I am soooo very sorry that your wife didn't tell you sooner....but I think it is great that you made the effort to change and I hope that you take comfort (as much as possible) in that....

I welcome any additional thoughts and I am so thankful for everyone's comments.


----------



## Blanca (Jul 25, 2008)

stuckandscared said:


> I am so very sad for him...the only way I think he will be happy is if I suck it up and continue to put my wants/needs/dreams on the back-burner....


i think maybe this is where you are getting caught in a rut. I think you feel responsible for his happiness. That is why you feel caged. You dont feel like you can be who you want to be and also be with him.

I did this to my H when we were first married. Whenever he wanted to go out with his friends or do something without me, i gave him a MAJOR guilt trip. I mean, sometimes i would seriously freak out. It was really hard on him and he did start feeling trapped and resentful towards me. He stopped doing what he loved and became miserable. 

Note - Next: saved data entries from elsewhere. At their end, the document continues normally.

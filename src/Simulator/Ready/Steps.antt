-- ===== src/Simulator/Ready/Steps.antt =====
-- Every event finds the simulation ready, and leaves it so.
use cell_oee_demo.Prelude.{ℕ, ◌≡◌, refl, Bool, true, false, Option, some, List, ◌∷◌, any, is_some}
use cell_oee_demo.Simulator.Valid.{IsArithmetic, IsValidated}
use cell_oee_demo.Simulator.World.{World}
use cell_oee_demo.Simulator.Model.{
  CellState, producing, planned_stop, fault, setup, starved, blocked, manual,
}
use cell_oee_demo.Simulator.Config.{SimConfig}
use cell_oee_demo.Simulator.Host.{
  Payload, EventKind, slot_end, interrupt, stop_end, break_start, break_end, heartbeat,
  chaos_freeze_start, chaos_freeze_end, chaos_counter_reset, Event,
}
use cell_oee_demo.Simulator.Cell.{Simulation}
use cell_oee_demo.Simulator.Cell.Handlers.{is_current, on_slot_end, on_interrupt, on_stop_end}
use cell_oee_demo.Simulator.Engine.{handle}
use cell_oee_demo.Simulator.Ready.{
  Sure, is_kind, is_live, WayOut, NextBreak, IsKnown, CoreOf, IsFree, HasWay, IsReady,
}
use cell_oee_demo.Simulator.Ready.Queue.{if-both}
use cell_oee_demo.Simulator.Ready.Transitions.{StillWay}
use cell_oee_demo.Simulator.Ready.Callbacks.{
  on_slot_end-IsReady, on_interrupt-IsReady, on_stop_end-IsReady,
}
use cell_oee_demo.Simulator.Ready.Breaks.{on_break_start-IsReady, on_break_end-IsReady}
use cell_oee_demo.Simulator.Ready.Injection.{
  on_heartbeat-IsReady, on_freeze_start-IsReady, on_freeze_end-IsReady, on_counter_reset-IsReady,
}

module _ (w : World) where
  any-skip :
      (p : Event w → Bool) (e : Event w) (heap : List (Event w))
      → p e ≡ false
      → any p (e ∷ heap) ≡ true
      → any p heap ≡ true
  any-skip p e heap q h = let k = rw q at h in k

  NextBreak-skip :
      (active : Bool) (e : Event w) (heap : List (Event w))
      → is_kind w break_start e ≡ false
      → is_kind w break_end e ≡ false
      → NextBreak w active (e ∷ heap)
      → NextBreak w active heap
  NextBreak-skip true e heap s b h = any-skip (is_kind w break_end) e heap b h
  NextBreak-skip false e heap s b h = any-skip (is_kind w break_start) e heap s h

  StillWay-skip :
      (state : CellState) (epoch : ℕ) (active : Bool) (e : Event w) (heap : List (Event w))
      → is_live w stop_end epoch e ≡ false
      → WayOut w state epoch active (e ∷ heap)
      → StillWay w state epoch active heap
  StillWay-skip producing epoch active e heap l h = tt
  StillWay-skip planned_stop epoch active e heap l h = h
  StillWay-skip fault epoch active e heap l h = any-skip (is_live w stop_end epoch) e heap l h
  StillWay-skip setup epoch active e heap l h = any-skip (is_live w stop_end epoch) e heap l h
  StillWay-skip starved epoch active e heap l h = any-skip (is_live w stop_end epoch) e heap l h
  StillWay-skip blocked epoch active e heap l h = any-skip (is_live w stop_end epoch) e heap l h
  StillWay-skip manual epoch active e heap l h = any-skip (is_live w stop_end epoch) e heap l h

  WayOut-skip :
      (state : CellState) (epoch : ℕ) (active : Bool) (e : Event w) (heap : List (Event w))
      → is_live w slot_end epoch e ≡ false
      → is_live w stop_end epoch e ≡ false
      → WayOut w state epoch active (e ∷ heap)
      → WayOut w state epoch active heap
  WayOut-skip producing epoch active e heap p l h = any-skip (is_live w slot_end epoch) e heap p h
  WayOut-skip planned_stop epoch active e heap p l h = h
  WayOut-skip fault epoch active e heap p l h = any-skip (is_live w stop_end epoch) e heap l h
  WayOut-skip setup epoch active e heap p l h = any-skip (is_live w stop_end epoch) e heap l h
  WayOut-skip starved epoch active e heap p l h = any-skip (is_live w stop_end epoch) e heap l h
  WayOut-skip blocked epoch active e heap p l h = any-skip (is_live w stop_end epoch) e heap l h
  WayOut-skip manual epoch active e heap p l h = any-skip (is_live w stop_end epoch) e heap l h

  module _ (cfg : SimConfig w) where
    -- The simulation from which the event has just been taken.
    pub record Popped (e : Event w) (s : Simulation w) : Type 0 where
      pub known : IsKnown w cfg e.kind e.payload
      pub core : CoreOf w cfg s
      pub beat : any (is_kind w heartbeat) (e ∷ s.heap) ≡ true
      pub next : NextBreak w s.cell.break_active (e ∷ s.heap)
      pub armed : is_some s.cell.break_window ≡ true
      pub way : WayOut w s.cell.state s.cell.epoch s.cell.break_active (e ∷ s.heap)

    Popped-IsFree :
        (e : Event w) (s : Simulation w)
        → Popped e s
        → is_kind w heartbeat e ≡ false
        → is_kind w break_start e ≡ false
        → is_kind w break_end e ≡ false
        → IsFree w cfg s
    Popped-IsFree e s h a b c = (
      h.core,
      any-skip (is_kind w heartbeat) e s.heap a h.beat,
      (NextBreak-skip s.cell.break_active e s.heap b c h.next, h.armed),
    )

    Popped-HasWay :
        (e : Event w) (s : Simulation w)
        → Popped e s
        → is_live w slot_end s.cell.epoch e ≡ false
        → is_live w stop_end s.cell.epoch e ≡ false
        → HasWay w cfg s
    Popped-HasWay e s h a b =
        WayOut-skip s.cell.state s.cell.epoch s.cell.break_active e s.heap a b h.way

    module _ (laws : IsArithmetic w) (valid : IsValidated w cfg) where
      pub handle-IsReady :
          (ts seq : ℕ) (kind : EventKind) (epoch : Option ℕ) (payload : Payload w)
          (s : Simulation w)
          → Popped (record { ts = ts; seq = seq; kind = kind; epoch = epoch; payload = payload }) s
          → Sure (IsReady w cfg) (handle w cfg kind payload epoch s)
      unfolding handle
      handle-IsReady ts seq slot_end epoch payload s h =
          let e : Event w = record {
            ts = ts;
            seq = seq;
            kind = slot_end;
            epoch = epoch;
            payload = payload;
          } in
          let free = Popped-IsFree e s h refl refl refl in
          let still =
            StillWay-skip s.cell.state s.cell.epoch s.cell.break_active e s.heap refl h.way in
          if-both (Sure (IsReady w cfg)) (is_current epoch s.cell.epoch) (on_slot_end w cfg s)
            (some s) (λ c. on_slot_end-IsReady w cfg laws valid s free still)
            λ c. (free, Popped-HasWay e s h c refl)
      handle-IsReady ts seq interrupt epoch payload s h =
          let e : Event w = record {
            ts = ts;
            seq = seq;
            kind = interrupt;
            epoch = epoch;
            payload = payload;
          } in
          let free = Popped-IsFree e s h refl refl refl in
          if-both (Sure (IsReady w cfg)) (is_current epoch s.cell.epoch)
            (on_interrupt w cfg payload s) (some s)
            (λ c. on_interrupt-IsReady w cfg laws valid payload s h.known free)
            λ c. (free, Popped-HasWay e s h refl refl)
      handle-IsReady ts seq stop_end epoch payload s h =
          let e : Event w = record {
            ts = ts;
            seq = seq;
            kind = stop_end;
            epoch = epoch;
            payload = payload;
          } in
          let free = Popped-IsFree e s h refl refl refl in
          if-both (Sure (IsReady w cfg)) (is_current epoch s.cell.epoch)
            (on_stop_end w cfg payload s) (some s)
            (λ c. on_stop_end-IsReady w cfg laws valid payload s h.known free)
            λ c. (free, Popped-HasWay e s h refl c)
      handle-IsReady ts seq break_start epoch payload s h =
          let e : Event w = record {
            ts = ts;
            seq = seq;
            kind = break_start;
            epoch = epoch;
            payload = payload;
          } in
          on_break_start-IsReady w cfg laws valid s h.core
            (any-skip (is_kind w heartbeat) e s.heap refl h.beat) h.armed
            (Popped-HasWay e s h refl refl)
      handle-IsReady ts seq break_end epoch payload s h =
          let e : Event w = record {
            ts = ts;
            seq = seq;
            kind = break_end;
            epoch = epoch;
            payload = payload;
          } in
          on_break_end-IsReady w cfg laws valid s h.core
            (any-skip (is_kind w heartbeat) e s.heap refl h.beat) h.armed
            (Popped-HasWay e s h refl refl)
      handle-IsReady ts seq heartbeat epoch payload s h =
          let e : Event w = record {
            ts = ts;
            seq = seq;
            kind = heartbeat;
            epoch = epoch;
            payload = payload;
          } in
          on_heartbeat-IsReady w cfg s h.core
            (NextBreak-skip s.cell.break_active e s.heap refl refl h.next, h.armed)
            (Popped-HasWay e s h refl refl)
      handle-IsReady ts seq chaos_freeze_start epoch payload s h =
          let e : Event w = record {
            ts = ts;
            seq = seq;
            kind = chaos_freeze_start;
            epoch = epoch;
            payload = payload;
          } in
          on_freeze_start-IsReady w cfg s h.known
            (Popped-IsFree e s h refl refl refl, Popped-HasWay e s h refl refl)
      handle-IsReady ts seq chaos_freeze_end epoch payload s h =
          let e : Event w = record {
            ts = ts;
            seq = seq;
            kind = chaos_freeze_end;
            epoch = epoch;
            payload = payload;
          } in
          on_freeze_end-IsReady w cfg s h.known
            (Popped-IsFree e s h refl refl refl, Popped-HasWay e s h refl refl)
      handle-IsReady ts seq chaos_counter_reset epoch payload s h =
          let e : Event w = record {
            ts = ts;
            seq = seq;
            kind = chaos_counter_reset;
            epoch = epoch;
            payload = payload;
          } in
          on_counter_reset-IsReady w cfg s h.known
            (Popped-IsFree e s h refl refl refl, Popped-HasWay e s h refl refl)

I think you outta try doing a boundaries workbook together, or even on your own. It might be better to do it on your own right now since you are so upset. That is what i did. If you work on your boundaries you'll learn you can still do things that make you happy even if it upsets him. My H is back to doing the things he loves. Ya, i threw some fits in the beginning, had some self-loathing episodes (the whole he doesnt love me), but now, two years later, i realize how ridiculous i was being.


----------



## voivod (Aug 7, 2008)

stuckand scared,

you say:
>>>he always said we would follow whichever career was more reliable, which will probably be mine, but now he is wanting me to put things on hold for him for the 3rd time in 7 years....so, I have to say that after months of working on things, he hasn't shown any signs of change and that is even knowing how depressed I am....any thoughts there?<<<

i don't think he really thought he'd ever have to make that decision. now, force him. something like, "i got a job offer that may force us to (move, do whatever) and you tell him that you'd have to strongly consider that. use his answer as a gauge.

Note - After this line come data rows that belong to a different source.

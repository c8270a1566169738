-- ===== src/Resolve/Rpki/Scan.antt =====
-- The loop of `Validate`: what it answers, as tests on the grants of all lengths.
use rpsl.Base.{
  any, ℕ, zero, suc, ◌+◌, ◌≤◌, ◌≡◌, refl, sym, ap, ◌∙◌, Bool, true, false, not, ◌&&◌, ◌||◌,
  Bool-cases, List, [], ◌∷◌, Option, none, some, ◌==◌, leb, if◌then◌else◌, arith, inl, inr,
}
use rpsl.Types.Netip.{Prefix, masked}
use rpsl.Types.LenMask.{has}
use rpsl.Resolve.Rpki.{Grant, Family, State, not_found, valid, invalid, find, scan, scan_grants}

-- The origin and the length are what a payload allows.
abbrev pub allows : ℕ → ℕ → ℕ → ℕ → Bool
allows asn max_length origin len = not (asn == 0) && asn == origin && leb len max_length

abbrev pub any_from : ℕ → ℕ → (ℕ → Bool) → Bool
any_from l zero h = false
any_from l (suc n) h = h l || any_from (l + 1) n h

-- The state that two tests make: whether the route is allowed, and whether it is covered.
abbrev pub state : Bool → Bool → State
state a c = if a then valid else if c then invalid else not_found

abbrev pub present : Grant → Bool
present g = true

pub or_true : (c : Bool) → (c || true) ≡ true
or_true true = refl
or_true false = refl

pub or_false : (c : Bool) → (c || false) ≡ c
or_false true = refl
or_false false = refl

or_assoc : (a b c : Bool) → (a || b || c) ≡ (a || (b || c))
or_assoc true b c = refl
or_assoc false b c = refl

module _ (origin len : ℕ) where
  abbrev pub ok : Grant → Bool
  ok g = allows g.asn g.max_length origin len

  abbrev seen : Bool → Bool → Option Bool
  seen a c = if a then none else some c

  scan_grants-any :
      (gs : List Grant) (c : Bool)
      → scan_grants gs origin len c ≡ seen (any ok gs) (c || any present gs)
  unfolding scan_grants
  scan_grants-any [] c = ap some (sym (or_false c))
  scan_grants-any (g ∷ gs) c = of (ok g) (scan_grants-any gs true)
    where
      of :
          (a : Bool)
          → scan_grants gs origin len true ≡ seen (any ok gs) true
          → elim a [ true ↦ none | false ↦ scan_grants gs origin len true ]
            ≡ seen (a || any ok gs) (c || true)
      of true h = refl
      of false h = h ∙ ap (seen (any ok gs)) (sym (or_true c))

module _ (f : Family) (p : Prefix) (origin : ℕ) where
  abbrev pub at : ℕ → List Grant
  at l = find f.by_prefix (masked (record p { len = l }))

  abbrev next : ℕ → ℕ → Option Bool → State
  next n l x = elim x [ none ↦ valid | some c ↦ scan f p origin n (l + 1) c ]

  scan_skip :
      (n l : ℕ) (c : Bool)
      → has f.lengths l ≡ false
      → scan f p origin (suc n) l c ≡ scan f p origin n (l + 1) c
  unfolding scan
  scan_skip n l c e = rw (scan, e) refl

  scan_take :
      (n l : ℕ) (c : Bool)
      → has f.lengths l ≡ true
      → scan f p origin (suc n) l c ≡ next n l (scan_grants (at l) origin p.len c)
  unfolding scan
  scan_take n l c e = rw (scan, e) refl

  abbrev pub allowed : ℕ → Bool
  allowed l = any (ok origin p.len) (at l)

  abbrev pub held_at : ℕ → Bool
  held_at l = any present (at l)

  pub scan-any :
      ((l : ℕ) → l ≤ p.len → has f.lengths l ≡ false → at l ≡ [])
      → (n l : ℕ) (c : Bool) → l + n ≤ p.len + 1
      → scan f p origin n l c ≡ state (any_from l n allowed) (c || any_from l n held_at)
  unfolding scan
  scan-any h zero l c w = ap (state false) (sym (or_false c))
  scan-any h (suc n) l c w = elim (Bool-cases (has f.lengths l)) [
    | inl e ↦
        scan_take n l c e
        ∙ ap (next n l) (scan_grants-any origin p.len (at l) c)
        ∙ taken (allowed l) (scan-any h n (l + 1) (c || held_at l) (omega arith))
    | inr e ↦
        scan_skip n l c e
        ∙ scan-any h n (l + 1) c (omega arith)
        ∙ sym (
            ap
              (λ gs.
                state (any (ok origin p.len) gs || any_from (l + 1) n allowed)
                  (c || (any present gs || any_from (l + 1) n held_at)))
              (h l (omega arith) e))
  ]
    where
      taken :
          (a : Bool)
          → scan f p origin n (l + 1) (c || held_at l)
            ≡ state (any_from (l + 1) n allowed) (c || held_at l || any_from (l + 1) n held_at)
          → next n l (seen origin p.len a (c || held_at l))
            ≡ state
                (a || any_from (l + 1) n allowed)
                (c || (held_at l || any_from (l + 1) n held_at))
      taken true k = refl
      taken false k =
          k
          ∙ ap (state (any_from (l + 1) n allowed))
              (or_assoc c (held_at l) (any_from (l + 1) n held_at))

also, you make the same mistake about love. you think you're IN it. reality is with love, i think, you DO it. so does he. both partners. explain that love is all about these thing you need fron him. use us for examples. "honey, i've been talking to some friends and they think that you're missing the point here. they told me that they were doing a lot of the same things you are doing now, and their marriages are in serious trouble. they don't want it to be like that. i know guys don't really understand this part of females' needs. but i'm trying to help you understand. this isn't about me. it truly is about US." something like that.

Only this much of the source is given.